EDP Sciences (Édition Diffusion Presse Sciences) is an STM publisher that specialises scientific information for specialist and more general audiences (general public, decision-makers, teachers, etc.). EDP produces and publishes international journals, books, conferences, and websites with predominantly scientific and technical content.  The company is a joint venture of four French learned societies in science, mathematics, and medicine.

History
The company was founded in 1920 under the name La Société du Journal de Physique et Le Radium. It thus took over the publication of the Journal de Physique (established in 1872) on the occasion of its merger with the journal Le Radium (established in 1904). Among the founders were the Société Française de Physique and several notable scientists and industrialists: Antoine Béclère, Louis de Broglie, Marie Curie, Paul Langevin, Louis Lumière, Jean Perrin, and Léon Brillouin, as well as patrons such as Albert I, Prince of Monaco.

The company continued to publish the different sections of the Journal de Physique until the 1980s, at which point its journal publishing expanded into other areas of physics, particularly astrophysics.
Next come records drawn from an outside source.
-- ===== src/Connectivity.antt =====
-- src/services/connectivity-debug-protocols-service.ts: the echo protocol, the settings of the bulk
-- protocol, and the service that registers both. What the stream decoder gives for a chunk is an
-- argument (one decoder serves all streams), `none` when reading the stream throws; so is whether
-- the registrar takes a handler. Settings that are no finite numbers are `none`.
pub mod Reader
pub mod Chunks
pub mod Frames
pub mod Fuel
pub mod Echo
mod Tests
use orbitdb_relay.Prelude.{
  ℕ, ◌+◌, ◌*◌, max, Text, Bytes, codes, Bool, true, false, Option, none, some, List, [], ◌∷◌, ◌++◌,
  if◌then◌else◌, ◌==◌, get_or, not, ◌||◌, ◌&&◌,
}
use orbitdb_relay.Prelude.TextSet
use orbitdb_relay.Prelude.TextSet.{TextSet}
use orbitdb_relay.Exposure.{trim}
use orbitdb_relay.Connectivity.Reader.{Answer, Timeouts, End, bulk_frames}

abbrev pub connectivity_echo_protocol : Text
connectivity_echo_protocol = codes "/connectivity-echo/1.0.0"

abbrev pub connectivity_bulk_protocol : Text
connectivity_bulk_protocol = codes "/connectivity-bulk/1.0.0"

-- `s.slice(0, s.indexOf('\n'))`, where there is a line feed.
unfoldable pub first_line : Text → Option Text
first_line [] = none
first_line (c ∷ s) =
    if c == 10 then some [] else elim (first_line s) [ none ↦ none | some line ↦ some (c ∷ line) ]

unfoldable pub read_line : Text → List (Option Text) → Option Text
unfolding first_line
read_line buf [] = some (trim buf)
read_line buf (none ∷ pieces) = none
read_line buf (some piece ∷ pieces) = elim (first_line (buf ++ piece)) [
  | none ↦ read_line (buf ++ piece) pieces
  | some line ↦ some (trim line)
]

abbrev pub echo_reply : Text → Text
echo_reply [] = codes "echo:(empty)\n"
echo_reply (c ∷ line) = codes "echo:" ++ (c ∷ line) ++ codes "\n"

-- What the echo handler writes before it closes the stream.
unfoldable pub echo : List (Option Text) → Option Text
unfolding read_line
echo pieces = elim (read_line [] pieces) [ none ↦ none | some line ↦ some (echo_reply line) ]

abbrev pub at_least_one : Option ℕ → ℕ → ℕ
at_least_one none standard = standard
at_least_one (some n) standard = max 1 n

pub record BulkInit : Type 0 where
  pub enabled : Bool
  pub max_frame_bytes : Option ℕ
  pub read_timeout_ms : Option ℕ
  pub idle_timeout_ms : Option ℕ

pub record Init : Type 0 where
  pub echo_enabled : Bool
  pub bulk : BulkInit

abbrev pub bulk_timeouts : BulkInit → Timeouts
bulk_timeouts init = record {
  read_timeout_ms = at_least_one init.read_timeout_ms 10_000;
  idle_timeout_ms = at_least_one init.idle_timeout_ms 30_000;
}

unfoldable pub bulk : BulkInit → ℕ → List Answer → Option (List Bytes × End)
unfolding bulk_frames
bulk init fuel answers =
    bulk_frames fuel (bulk_timeouts init) (at_least_one init.max_frame_bytes (256 * 1024)) []
      answers

-- The service, with the protocols that the registrar has a handler for.
pub record Connectivity : Type 0 where
  pub started : Bool
  pub handled : TextSet

-- `none` is a call that throws.
abbrev pub handle : (Text → Bool) → Bool → Text → Connectivity → Option Connectivity
handle accepts false protocol s = some s
handle accepts true protocol s =
    if accepts protocol then some (record s { handled = TextSet.add protocol s.handled }) else none

-- The first component says whether the start went through.
abbrev pub end_start : Connectivity → Option Connectivity → Bool × Connectivity
end_start s none = (false, s)
end_start s (some t) = (true, record t { started = true })

abbrev pub start_bulk :
    (Text → Bool) → Init → Connectivity → Option Connectivity → Bool × Connectivity
start_bulk accepts init s none = (false, s)
start_bulk accepts init s (some t) =
    end_start t (handle accepts init.bulk.enabled connectivity_bulk_protocol t)

unfoldable pub after_start : (Text → Bool) → Init → Connectivity → Bool × Connectivity
after_start accepts init s =
    if s.started
    then (true, s)
    else start_bulk accepts init s (handle accepts init.echo_enabled connectivity_echo_protocol s)

abbrev pub unhandle : Bool → Text → TextSet → TextSet
unhandle false protocol handled = handled
unhandle true protocol handled = TextSet.delete protocol handled

unfoldable pub before_stop : Init → Connectivity → Connectivity
before_stop init s = if not s.started then s else record s {
  started = false;
  handled =
      unhandle init.bulk.enabled connectivity_bulk_protocol
        (unhandle init.echo_enabled connectivity_echo_protocol s.handled);
}
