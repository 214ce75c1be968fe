-- ===== src/Connectivity/Chunks.antt =====
-- What a stream of src/services/connectivity-debug-protocols-service.ts carries, and what its
-- reader makes of it whatever way the bytes are cut into chunks.
use mathlib.Core.List.{append_assoc}
use orbitdb_relay.Prelude.{
  ℕ, zero, suc, ◌-◌, ◌≤◌, ◌<◌, Bytes, Bool, true, false, ◌≡◌, refl, sym, ap, List, [], ◌∷◌, ◌++◌,
  ◌&&◌, ltb, leb, length, take, drop, all, arith, inl, inr, Bool-cases, length-append, drop-append,
  and_both,
}
use orbitdb_relay.Connectivity.Reader.{
  Item, chunk, Answer, Timeouts, stream_ended, Read, fails, reads, carries, timeout_ms, next_chunk,
  read_on, read_exactly,
}

abbrev pub item_bytes : Item → Bytes
item_bytes (chunk bytes) = bytes
item_bytes _ = []

abbrev pub content : List Answer → Bytes
content [] = []
content (a ∷ answers) = item_bytes a.item ++ content answers

abbrev pub is_chunk : Item → Bool
is_chunk (chunk bytes) = true
is_chunk _ = false

-- A chunk that comes before the reader gives up.
abbrev pub is_timely : Timeouts → Answer → Bool
is_timely t a = is_chunk a.item && ltb a.wait (timeout_ms t a.idle)

abbrev pub AreTimely : Timeouts → List Answer → Type 0
AreTimely t answers = all (is_timely t) answers ≡ true

-- A read that gives these bytes, with the rest of what the stream carries left over.
abbrev pub Gives : Timeouts → Bytes → Bytes → Read → Type 0
Gives t wanted rest (fails failure) = ⊥
Gives t wanted rest (reads bytes carry answers) =
    (bytes ≡ wanted) × (carry ++ content answers ≡ rest) × AreTimely t answers

take-append_le :
    (n : ℕ) (xs ys : Bytes)
    → n ≤ length xs
    → (take n (xs ++ ys) ≡ take n xs) × (drop n (xs ++ ys) ≡ drop n xs ++ ys)
take-append_le zero xs ys h = (refl, refl)
take-append_le (suc n) [] ys h = absurd (omega arith)
take-append_le (suc n) (x ∷ xs) ys h = ground (arith, take-append_le n xs ys)

take-append_ge :
    (n : ℕ) (xs ys : Bytes)
    → length xs ≤ n
    → (take n (xs ++ ys) ≡ xs ++ take (n - length xs) ys)
      × (drop n (xs ++ ys) ≡ drop (n - length xs) ys)
take-append_ge n [] ys h =
    let e : n - 0 ≡ n = omega arith in (ap (λ m. take m ys) (sym e), ap (λ m. drop m ys) (sym e))
take-append_ge zero (x ∷ xs) ys h = absurd (omega arith)
take-append_ge (suc n) (x ∷ xs) ys h =
    let e : suc n - suc (length xs) ≡ n - length xs = omega arith in
    let (taken, dropped) = take-append_ge n xs ys (omega arith) in
    rw e (ap (λ zs. x ∷ zs) taken, dropped)

next_chunk-timely :
    (t : Timeouts) (a : Answer)
    → is_timely t a ≡ true
    → next_chunk t a ≡ carries (item_bytes a.item)
unfolding next_chunk
next_chunk-timely t a h = ground arith

read_on-Gives :
    (t : Timeouts) (n : ℕ) (out carry : Bytes) (answers : List Answer)
    → AreTimely t answers
    → n ≤ length (carry ++ content answers)
    → Gives t
        (out ++ take n (carry ++ content answers))
        (drop n (carry ++ content answers))
        (read_on t n out carry answers)
unfolding read_on
read_on-Gives t n out carry [] h enough = elim (Bool-cases (leb n (length carry))) [
  | inl fits ↦
      let (taken, dropped) = take-append_le n carry [] (ground arith) in
      rw (fits, taken, dropped) (refl, refl, h)
  | inr more ↦ absurd (ground (arith, length-append carry []))
]
read_on-Gives t n out carry (a ∷ answers) h enough = elim (Bool-cases (leb n (length carry))) [
  | inl fits ↦
      let (taken, dropped) = take-append_le n carry (content (a ∷ answers)) (ground arith) in
      rw (fits, taken, dropped) (refl, refl, h)
  | inr more ↦
      let (timely, later) = and_both (is_timely t a) (all (is_timely t) answers) h in
      let (taken, dropped) = take-append_ge n carry (content (a ∷ answers)) (ground arith) in
      rw (more, next_chunk-timely t a timely, taken, dropped, ← append_assoc out carry _)
        (read_on-Gives t (n - length carry) (out ++ carry) (item_bytes a.item) answers later
          (omega (arith, enough, length-append carry (content (a ∷ answers)))))
]

read_on-short :
    (t : Timeouts) (n : ℕ) (out carry : Bytes) (answers : List Answer)
    → AreTimely t answers
    → length (carry ++ content answers) < n
    → read_on t n out carry answers ≡ fails stream_ended
unfolding read_on
read_on-short t n out carry [] h short = ground (arith, length-append carry [])
read_on-short t n out carry (a ∷ answers) h short = ground (
  arith,
  next_chunk-timely t a,
  and_both (is_timely t a) (all (is_timely t) answers) h,
  length-append carry (item_bytes a.item ++ content answers),
  read_on-short t (n - length carry) (out ++ carry) (item_bytes a.item) answers,
)

take-append : (xs ys : Bytes) → take (length xs) (xs ++ ys) ≡ xs
take-append [] ys = refl
take-append (x ∷ xs) ys = ap (λ zs. x ∷ zs) (take-append xs ys)

-- A read gives what stands at the front of the stream, wherever the chunks end.
pub read_exactly-Gives :
    (t : Timeouts) (front rest carry : Bytes) (answers : List Answer)
    → AreTimely t answers
    → carry ++ content answers ≡ front ++ rest
    → Gives t front rest (read_exactly t (length front) carry answers)
unfolding read_exactly
read_exactly-Gives t front rest carry answers h same =
    let given =
      read_on-Gives t (length front) [] carry answers h
        (rw same (omega (arith, length-append front rest))) in
    rw (same, take-append front rest, drop-append front rest) at given

pub read_exactly-short :
    (t : Timeouts) (n : ℕ) (carry : Bytes) (answers : List Answer)
    → AreTimely t answers
    → length (carry ++ content answers) < n
    → read_exactly t n carry answers ≡ fails stream_ended
unfolding read_exactly
read_exactly-short t n carry answers h short = read_on-short t n [] carry answers h short
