-- ===== src/Connectivity/Echo.antt =====
-- Theorems about the echo protocol of src/services/connectivity-debug-protocols-service.ts and
-- about the start and the stop of its service.
use mathlib.Core.List.{append_assoc, append-nil}
use orbitdb_relay.Prelude.{
  Text, text_eq, join, Bool, true, false, none, some, List, [], ◌∷◌, ◌++◌, map, ◌==◌, get_or, not,
  ◌||◌, ◌&&◌, ◌≡◌, refl, arith, Option-cases, inl, inr, Bool-cases,
}
use orbitdb_relay.Prelude.TextSet
use orbitdb_relay.Exposure.{trim}
use orbitdb_relay.Connectivity.{
  first_line, read_line, echo, echo_reply, Init, Connectivity, after_start, before_stop, handle,
  unhandle, connectivity_echo_protocol, connectivity_bulk_protocol,
}

first_line-append :
    (s t : Text) (line : Text) → first_line s ≡ some line → first_line (s ++ t) ≡ some line
unfolding first_line
first_line-append [] t line h = cc
first_line-append (c ∷ s) t line h = elim (Bool-cases (c == 10)) [
  | inl feed ↦ rw feed (rw feed at h)
  | inr other ↦ elim (Option-cases (first_line s)) [
    | inl none_there ↦ cc (rw (other, none_there) at h)
    | inr (found, e) ↦ rw (other, first_line-append s t found e) (rw (other, e) at h)
  ]
]

read_line-join :
    (buf : Text) (pieces : List Text)
    → first_line buf ≡ none
    → read_line buf (map (λ s. some s) pieces)
      ≡ some (trim (get_or (first_line (buf ++ join pieces)) (buf ++ join pieces)))
unfolding read_line
read_line-join buf [] h = rw (append-nil buf, h) refl
read_line-join buf (piece ∷ pieces) h = elim (Option-cases (first_line (buf ++ piece))) [
  | inl more ↦
      rw (more, read_line, ← append_assoc buf piece (join pieces))
        (read_line-join (buf ++ piece) pieces more)
  | inr (line, found) ↦
      rw
        (
          found,
          read_line,
          ← append_assoc buf piece (join pieces),
          first_line-append (buf ++ piece) (join pieces) line found,
        )
        refl
]

-- The echo protocol answers with the first line that the client wrote, or with all that it wrote
-- where no line ended, without the blanks around it, whatever way the text arrived in pieces.
echo-join :
    (pieces : List Text)
    → echo (map (λ s. some s) pieces)
      ≡ some (echo_reply (trim (get_or (first_line (join pieces)) (join pieces))))
unfolding echo first_line
echo-join pieces = rw (read_line-join [] pieces refl, echo) refl

abbrev pub is_offered : Init → Text → Bool
is_offered init p =
    (init.echo_enabled && text_eq connectivity_echo_protocol p)
    || (init.bulk.enabled && text_eq connectivity_bulk_protocol p)

has-handle :
    (accepts : Text → Bool) (on : Bool) (q p : Text) (s t : Connectivity)
    → handle accepts on q s ≡ some t
    → TextSet.has p t.handled ≡ (TextSet.has p s.handled || (on && text_eq q p))
has-handle accepts false q p s t h = ground arith
has-handle accepts true q p s t h = ground (arith, TextSet.has-add p q s.handled)

has-unhandle :
    (on : Bool) (q p : Text) (handled : TextSet.TextSet)
    → TextSet.has p (unhandle on q handled) ≡ (TextSet.has p handled && not (on && text_eq q p))
has-unhandle false q p handled = ground arith
has-unhandle true q p handled = ground (arith, TextSet.has-delete p q handled)

after_start-through :
    (accepts : Text → Bool) (init : Init) (s : Connectivity)
    → s.started ≡ false
    → (after_start accepts init s).0 ≡ true
    → (t u : Connectivity) × (handle accepts init.echo_enabled connectivity_echo_protocol s
        ≡ some t)
      × (handle accepts init.bulk.enabled connectivity_bulk_protocol t ≡ some u)
      × ((after_start accepts init s).1 ≡ record u { started = true })
unfolding after_start
after_start-through accepts init s stopped through =
    elim (Option-cases (handle accepts init.echo_enabled connectivity_echo_protocol s)) [
      | inl refused ↦ absurd (ground arith)
      | inr (t, echoes) ↦
          elim (Option-cases (handle accepts init.bulk.enabled connectivity_bulk_protocol t)) [
            | inl refused ↦ absurd (ground arith)
            | inr (u, bulks) ↦ (t, u, echoes, bulks, ground arith)
          ]
    ]

-- A start that goes through registers exactly the protocols that are enabled, beside those that are
-- there, and the stop that follows removes exactly them.
has-after_start :
    (accepts : Text → Bool) (init : Init) (s : Connectivity) (p : Text)
    → s.started ≡ false
    → (after_start accepts init s).0 ≡ true
    → (TextSet.has p (after_start accepts init s).1.handled
        ≡ (TextSet.has p s.handled || is_offered init p))
      × (TextSet.has p (before_stop init (after_start accepts init s).1).handled
          ≡ (TextSet.has p s.handled && not (is_offered init p)))
unfolding before_stop
has-after_start accepts init s p stopped through =
    let (t, u, echoes, bulks, result) = after_start-through accepts init s stopped through in
    ground (
      arith,
      has-handle accepts init.echo_enabled connectivity_echo_protocol p s t,
      has-handle accepts init.bulk.enabled connectivity_bulk_protocol p t u,
      has-unhandle init.echo_enabled connectivity_echo_protocol p u.handled,
      has-unhandle init.bulk.enabled connectivity_bulk_protocol p
          (unhandle init.echo_enabled connectivity_echo_protocol u.handled),
    )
The company also began publishing books.

In 1997, the publisher broadened further to reach other scientific markets, and changed its name to Édition Diffusion Presse Sciences (more commonly shortened to EDP Sciences, including in the company's own marketing materials).

EDP Sciences today publishes almost 50 international paper and electronic journals and magazines, as well as about a hundred websites and a variety of annual and monograph books. The publisher is jointly owned by four learned societies: the Société Française de Physique, the Société Chimique de France, the Société de Mathématiques Appliquées et Industrielles, and the Société Française d'Optique. EDP maintains partnerships with other European publishers, including Cambridge University Press and Springer. The company claims to be considered the first independent French publisher of international academic journals.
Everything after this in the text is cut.